What is needed:
Write out each line of the records that has "sections" in it.

---------- Recorded information ----------

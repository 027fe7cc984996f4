-- ===== src/Learning/Types.antt =====
-- backend/src/lms/modules/learning/types.py
use lawrence_ai_lms.Prelude.{ℕ, String, Bool, true, false, Option, List, ℤ}
use lawrence_ai_lms.Json.{JsonObject}

-- Identifiers are compared, never computed with.
abbrev pub Uuid : Type 0
Uuid = ℕ

-- An instant, in microseconds of UTC.
abbrev pub Datetime : Type 0
Datetime = ℕ

pub data EnrollmentStatus : Type 0 where
  active revoked : EnrollmentStatus

pub data LessonProgressState : Type 0 where
  not_started in_progress completed : LessonProgressState

pub data CourseProgressState : Type 0 where
  not_started in_progress completed : CourseProgressState

pub data ProgressCommandName : Type 0 where
  open_lesson complete_lesson reopen_lesson : ProgressCommandName

pub record PublishedContentBlock : Type 0 where
  pub id : Uuid
  pub kind : String
  pub position : ℕ
  pub document : JsonObject

pub record PublishedLesson : Type 0 where
  pub id : Uuid
  pub section_id : Uuid
  pub title : String
  pub position : ℕ
  pub is_required : Bool
  pub content_blocks : List PublishedContentBlock

pub record PublishedSection : Type 0 where
  pub id : Uuid
  pub title : String
  pub position : ℕ
  pub lessons : List PublishedLesson

pub record PublishedCourse : Type 0 where
  pub tenant_id : Uuid
  pub course_id : Uuid
  pub course_version_id : Uuid
  pub course_version_number : ℕ
  pub primary_locale : String
  pub title : String
  pub description : String
  pub content_hash : String
  pub sections : List PublishedSection

pub record AuthorizedActor : Type 0 where
  pub principal_id : Uuid
  pub tenant_id : Uuid
  pub membership_id : Option Uuid
  pub permissions : List String

pub record Enrollment : Type 0 where
  pub id : Uuid
  pub tenant_id : Uuid
  pub learner_membership_id : Uuid
  pub course_id : Uuid
  pub course_version_id : Uuid
  pub admission_source : String
  pub status : EnrollmentStatus
  pub enrolled_at : Datetime
  pub revoked_at : Option Datetime
  pub row_version : ℕ

pub record CourseProgress : Type 0 where
  pub state : CourseProgressState
  pub required_lesson_count : ℕ
  pub completed_required_lesson_count : ℕ
  pub resume_lesson_id : Option Uuid
  pub row_version : ℕ

pub record DashboardCard : Type 0 where
  pub enrollment_id : Uuid
  pub course_id : Uuid
  pub course_version_id : Uuid
  pub course_version_number : ℕ
  pub primary_locale : String
  pub title : String
  pub description : String
  pub content_hash : String
  pub enrolled_at : Datetime
  pub progress : CourseProgress

pub record LearnerDashboard : Type 0 where
  pub tenant_id : Uuid
  pub items : List DashboardCard
  pub next_cursor : Option String

pub record OutlineLesson : Type 0 where
  pub id : Uuid
  pub title : String
  pub position : ℕ
  pub is_required : Bool
  pub progress_state : LessonProgressState

pub record OutlineSection : Type 0 where
  pub id : Uuid
  pub title : String
  pub position : ℕ
  pub lessons : List OutlineLesson

pub record PlaybackSnapshot : Type 0 where
  pub tenant_id : Uuid
  pub enrollment_id : Uuid
  pub course_id : Uuid
  pub course_version_id : Uuid
  pub course_version_number : ℕ
  pub primary_locale : String
  pub title : String
  pub description : String
  pub content_hash : String
  pub sections : List OutlineSection
  pub progress : CourseProgress

pub record LessonContentBlock : Type 0 where
  pub id : Uuid
  pub kind : String
  pub position : ℕ
  pub document : JsonObject

pub record LessonDetail : Type 0 where
  pub id : Uuid
  pub section_id : Uuid
  pub title : String
  pub position : ℕ
  pub is_required : Bool
  pub progress_state : LessonProgressState
  pub content_blocks : List LessonContentBlock

pub record LessonPlayback : Type 0 where
  pub tenant_id : Uuid
  pub enrollment_id : Uuid
  pub course_version_id : Uuid
  pub primary_locale : String
  pub content_hash : String
  pub lesson : LessonDetail
  pub previous_lesson_id : Option Uuid
  pub next_lesson_id : Option Uuid
  pub progress : CourseProgress

pub record ProgressCommand : Type 0 where
  pub command : ProgressCommandName
  pub lesson_id : Uuid
  pub expected_progress_row_version : ℤ

pub record ProgressResult : Type 0 where
  pub tenant_id : Uuid
  pub enrollment_id : Uuid
  pub course_version_id : Uuid
  pub lesson_id : Uuid
  pub lesson_state : LessonProgressState
  pub course_state : CourseProgressState
  pub required_lesson_count : ℕ
  pub completed_required_lesson_count : ℕ
  pub resume_lesson_id : Option Uuid
  pub progress_row_version : ℕ
  pub updated_at : Datetime

pub record ProgressMutation : Type 0 where
  pub result : ProgressResult
  pub previous_lesson_state : LessonProgressState
  pub previous_course_state : CourseProgressState
  pub previous_progress_row_version : ℕ

pub data IdempotentResponse : Type 0 where
  enrollment : Enrollment → IdempotentResponse
  progress_result : ProgressResult → IdempotentResponse

pub record IdempotencyRecord : Type 0 where
  pub request_hash : String
  pub created : Bool
  pub response : Option IdempotentResponse

pub record LearningFact : Type 0 where
  pub id : Uuid
  pub tenant_id : Uuid
  pub event_type : String
  pub aggregate_type : String
  pub aggregate_id : Uuid
  pub aggregate_version : ℕ
  pub actor_id : Uuid
  pub payload : JsonObject
  pub occurred_at : Datetime

-- `StrEnum.value`
abbrev pub lesson_state_value : LessonProgressState → String
lesson_state_value LessonProgressState.not_started = "not_started"
lesson_state_value LessonProgressState.in_progress = "in_progress"
lesson_state_value LessonProgressState.completed = "completed"

abbrev pub course_state_value : CourseProgressState → String
course_state_value CourseProgressState.not_started = "not_started"
course_state_value CourseProgressState.in_progress = "in_progress"
course_state_value CourseProgressState.completed = "completed"

abbrev pub status_value : EnrollmentStatus → String
status_value active = "active"
status_value revoked = "revoked"

abbrev pub command_value : ProgressCommandName → String
command_value open_lesson = "open_lesson"
command_value complete_lesson = "complete_lesson"
command_value reopen_lesson = "reopen_lesson"

-- Tests on enumeration members.
abbrev pub is_active : EnrollmentStatus → Bool
is_active active = true
is_active revoked = false

abbrev pub lesson_completed : LessonProgressState → Bool
lesson_completed LessonProgressState.completed = true
lesson_completed LessonProgressState.in_progress = false
lesson_completed LessonProgressState.not_started = false

abbrev pub course_completed : CourseProgressState → Bool
course_completed CourseProgressState.completed = true
course_completed CourseProgressState.in_progress = false
course_completed CourseProgressState.not_started = false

----------

Output below:
  pub sections : List PublishedSection
  pub sections : List OutlineSection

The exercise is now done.